Нас встретил господин Бокен. Это был суровый и строптивый человек, вежливость которого напоминала отчасти бульдога. Он смотрел на начальников сыскной полиции, как на своих заклятых врагов, и всегда возмущался, когда те приезжали за одним из его заключенных. Можно было подумать, что он хотел собственноручно гильотинировать преступников. Впрочем, я еще поговорю подробнее о нем…

Господин Тайлор представил меня господину Вендлингу, судебному следователю, и комиссару квартала Рокет, господину Барону. Это был добрейший человек, которого, к сожалению, погубили политические интриги. Ему предложили выйти в отставку, так как при обыске у генерала Буланже была найдена его визитная карточка. Я познакомился также с его секретарем господином Оскаром Метенье, который уже собирал материалы для своих будущих романов. На рассвете господин Бокен предупредил нас, что уже время идти, и мы отправились к камере Ривьера. Несчастный, не спавший всю ночь, был уже на ногах.

– Ривьер, – сказал ему Бокен, – ваша просьба о помиловании отвергнута. Пробил час искупить преступление.

Бледный, с бритым лицом, он с минуту казался ошеломленным, потом опустился на постель, и я услышал, как он сказал протяжным голосом парижского головореза:

– Я так и думал, что это будет сегодня утром… Весь этот шум! Но, Боже, это невозможно! Ведь я не убивал… Нет, я не убивал…

Господа Тайлор, Бокен и судебный следователь отправились будить Фрея. Около Ривьера остались я и аббат Колон, на которого была возложена миссия напутствовать осужденного на эшафот.
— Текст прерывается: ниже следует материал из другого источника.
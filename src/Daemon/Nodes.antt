-- ===== src/Daemon/Nodes.antt =====
-- The part of the control loop of base-rockpie/src/main.cpp that is about the nodes: the commands to them,
-- the publication of their samples, the journal of their transitions, and the health message.
use gridex_edge_gateway.Prelude.{
  ℕ, Option, List, Bool, false, if◌then◌else◌, ◌==◌, ◌+◌, length, ◌∷◌, some, not, suc, ◌≡◌, none,
  replicate, [], refl, true, arith, sym, if-both, ◌∙◌, ap, zero,
}
use gridex_edge_gateway.Prelude.Text.{codes}
use gridex_edge_gateway.Types.{EdgeState, safe_mode, ready}
use gridex_edge_gateway.Double.{Double}
use gridex_edge_gateway.Telemetry.{
  NodePollStatus, unknown, online, transport_failure, identity_failure, telemetry_failure,
  MbusNodeTelemetry,
}
use gridex_edge_gateway.Tcp.{Socket, TcpClient}
use gridex_edge_gateway.Polling.{apply_power_command}
use gridex_edge_gateway.Mqtt.{poll_status_word, EdgeHealthMessage}
use gridex_edge_gateway.Journal.{TelemetryJournal, FileSystem, append_transition}
use gridex_edge_gateway.Controller.{ControllerSnapshot}
use gridex_edge_gateway.Northbound.Bank.{
  NorthboundRegisterBank, NorthboundNodeCommand, take_node_command,
}
use gridex_edge_gateway.Northbound.Publish.{publish_node}

module _ {S : Type 0} (socket : Socket S) where
  unfoldable pub command_node :
      Option NorthboundNodeCommand → List (TcpClient × S) → Bool × List (TcpClient × S)
  unfolding apply_power_command
  command_node none xs = (false, xs)
  command_node (some command) xs =
      let (done, xs') =
        apply_power_command socket command.target_slot command.requested_power_kw command.enabled
          command.sequence command.ttl_seconds xs in
      if not command.authorized then (false, xs) else (done, xs')

  -- Whether the command was accepted is only printed.
  unfoldable pub dispatch_node :
      NorthboundRegisterBank
      → List (TcpClient × S)
      → Bool × NorthboundRegisterBank × List (TcpClient × S)
  unfolding command_node take_node_command
  dispatch_node b xs =
      let (command, b') = take_node_command b in
      let (accepted, xs') = command_node command xs in (accepted, b', xs')

-- As many as there are nodes, from the start if their number changed.
unfoldable pub resized : ℕ → List NodePollStatus → List NodePollStatus
resized nodes statuses =
    if not (length statuses == nodes) then replicate nodes unknown else statuses

abbrev pub same_status : NodePollStatus → NodePollStatus → Bool
same_status a b = poll_status_word a == poll_status_word b

status_of_word : ℕ → NodePollStatus
status_of_word zero = unknown
status_of_word (suc zero) = online
status_of_word (suc (suc zero)) = transport_failure
status_of_word (suc (suc (suc zero))) = identity_failure
status_of_word (suc (suc (suc (suc n)))) = telemetry_failure

status_of_word_lem : (a : NodePollStatus) → status_of_word (poll_status_word a) ≡ a
unfolding status_of_word poll_status_word
status_of_word_lem unknown = refl
status_of_word_lem online = refl
status_of_word_lem transport_failure = refl
status_of_word_lem identity_failure = refl
status_of_word_lem telemetry_failure = refl

same_status_lem : (a b : NodePollStatus) → same_status a b ≡ true → a ≡ b
same_status_lem a b e =
    let same : poll_status_word a ≡ poll_status_word b = ground (arith, e) in
    sym (status_of_word_lem a) ∙ ap status_of_word same ∙ status_of_word_lem b

abbrev pub statuses_of : List MbusNodeTelemetry → List NodePollStatus
statuses_of [] = []
statuses_of (sample ∷ samples) = sample.poll_status ∷ statuses_of samples

module _ {S : Type 0} (fs : FileSystem S) (observed_at : List ℕ) (show_double : Double → List ℕ)
    (now : ℕ) where
  -- A transition is noted also when the journal failed.
  unfoldable pub journal_node :
      ℕ → MbusNodeTelemetry → NodePollStatus → TelemetryJournal × S → TelemetryJournal × S
  unfolding append_transition poll_status_word
  journal_node slot sample previous x =
      let noted = (append_transition fs observed_at show_double (slot + 1) sample previous x).1 in
      if same_status sample.poll_status previous then x else noted

  -- The loop over the samples, from a slot on.
  unfoldable pub publish_nodes :
      ℕ
      → List MbusNodeTelemetry
      → List NodePollStatus
      → NorthboundRegisterBank × (TelemetryJournal × S)
      → List NodePollStatus × (NorthboundRegisterBank × (TelemetryJournal × S))
  unfolding publish_node journal_node
  publish_nodes slot (sample ∷ samples) (previous ∷ statuses) (b, x) =
      let (statuses', rest) =
        publish_nodes (suc slot) samples statuses
          (publish_node now slot sample b, journal_node slot sample previous x) in
      (
        (if same_status sample.poll_status previous then previous else sample.poll_status)
            ∷ statuses',
        rest,
      )
  publish_nodes slot samples statuses x = (statuses, x)

  -- After a turn, the statuses are those of the samples.
  pub publish_nodes-statuses_of :
      (slot : ℕ) (samples : List MbusNodeTelemetry) (statuses : List NodePollStatus)
      (x : NorthboundRegisterBank × (TelemetryJournal × S))
      → length statuses ≡ length samples
      → (publish_nodes slot samples statuses x).0 ≡ statuses_of samples
  unfolding publish_nodes
  publish_nodes-statuses_of slot [] [] x e = refl
  publish_nodes-statuses_of slot [] (previous ∷ statuses) x e = absurd (omega arith)
  publish_nodes-statuses_of slot (sample ∷ samples) [] x e = absurd (omega arith)
  publish_nodes-statuses_of slot (sample ∷ samples) (previous ∷ statuses) (b, x) e =
      let here : (if same_status sample.poll_status previous then previous else sample.poll_status)
          ≡ sample.poll_status =
        if-both (λ status. status ≡ sample.poll_status) (same_status sample.poll_status previous)
          previous sample.poll_status
          (λ same. sym (same_status_lem sample.poll_status previous same)) (λ other. refl) in
      ap
        (λ t.
          (if same_status sample.poll_status previous then previous else sample.poll_status) ∷ t)
        (publish_nodes-statuses_of (suc slot) samples statuses
          (publish_node now slot sample b, journal_node slot sample previous x) (omega arith))
      ∙ ap (λ status. status ∷ statuses_of samples) here

-- `std::count_if` of the nodes that are online.
unfoldable pub online_nodes : List MbusNodeTelemetry → ℕ
online_nodes [] = 0
online_nodes (sample ∷ samples) =
    if sample.online then suc (online_nodes samples) else online_nodes samples

abbrev pub is_safe_mode : EdgeState → Bool
is_safe_mode safe_mode = true
is_safe_mode _ = false

abbrev pub is_ready : EdgeState → Bool
is_ready ready = true
is_ready _ = false

-- What is published of a turn.
unfoldable pub health_message :
    List ℕ
    → List ℕ
    → Option Double
    → ControllerSnapshot
    → List MbusNodeTelemetry
    → EdgeHealthMessage
unfolding online_nodes
health_message site gateway temperature snapshot samples = record {
  site_id = site;
  gateway_id = gateway;
  state =
      if is_safe_mode snapshot.state
      then codes "safe_mode"
      else if is_ready snapshot.state
      then codes "ready"
      else codes "degraded";
  pcs_heartbeat_ok = snapshot.heartbeat_ok;
  control_ready = is_ready snapshot.state;
  safe_mode = is_safe_mode snapshot.state;
  northbound_ready = true;
  node_online_count = online_nodes samples;
  node_total = length samples;
  cpu_temperature_c = temperature;
}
Но как только священник начал говорить, Ривьер резко его прервал:

– Оставьте меня, господин духовник. Разве я могу раскаяться после того, что со мной случилось. Ведь я не убивал, ей-богу, не убивал!

Гнев вызвал на его щеках небольшой румянец, и бледность исчезла. Тем временем как тюремные сторожа начали его одевать, он продолжал говорить с прежним возбуждением:

– Все-таки старик Греви нелогичен… Он помиловал Миеля, который искрошил человека в куски, а я, который только придержал ноги женщины, должен быть казнен. Нет-нет, это несправедливо…

Наконец мы могли отправиться в канцелярию. Ривьер шел очень твердо. Можно было подумать, что гнев придает ему силы.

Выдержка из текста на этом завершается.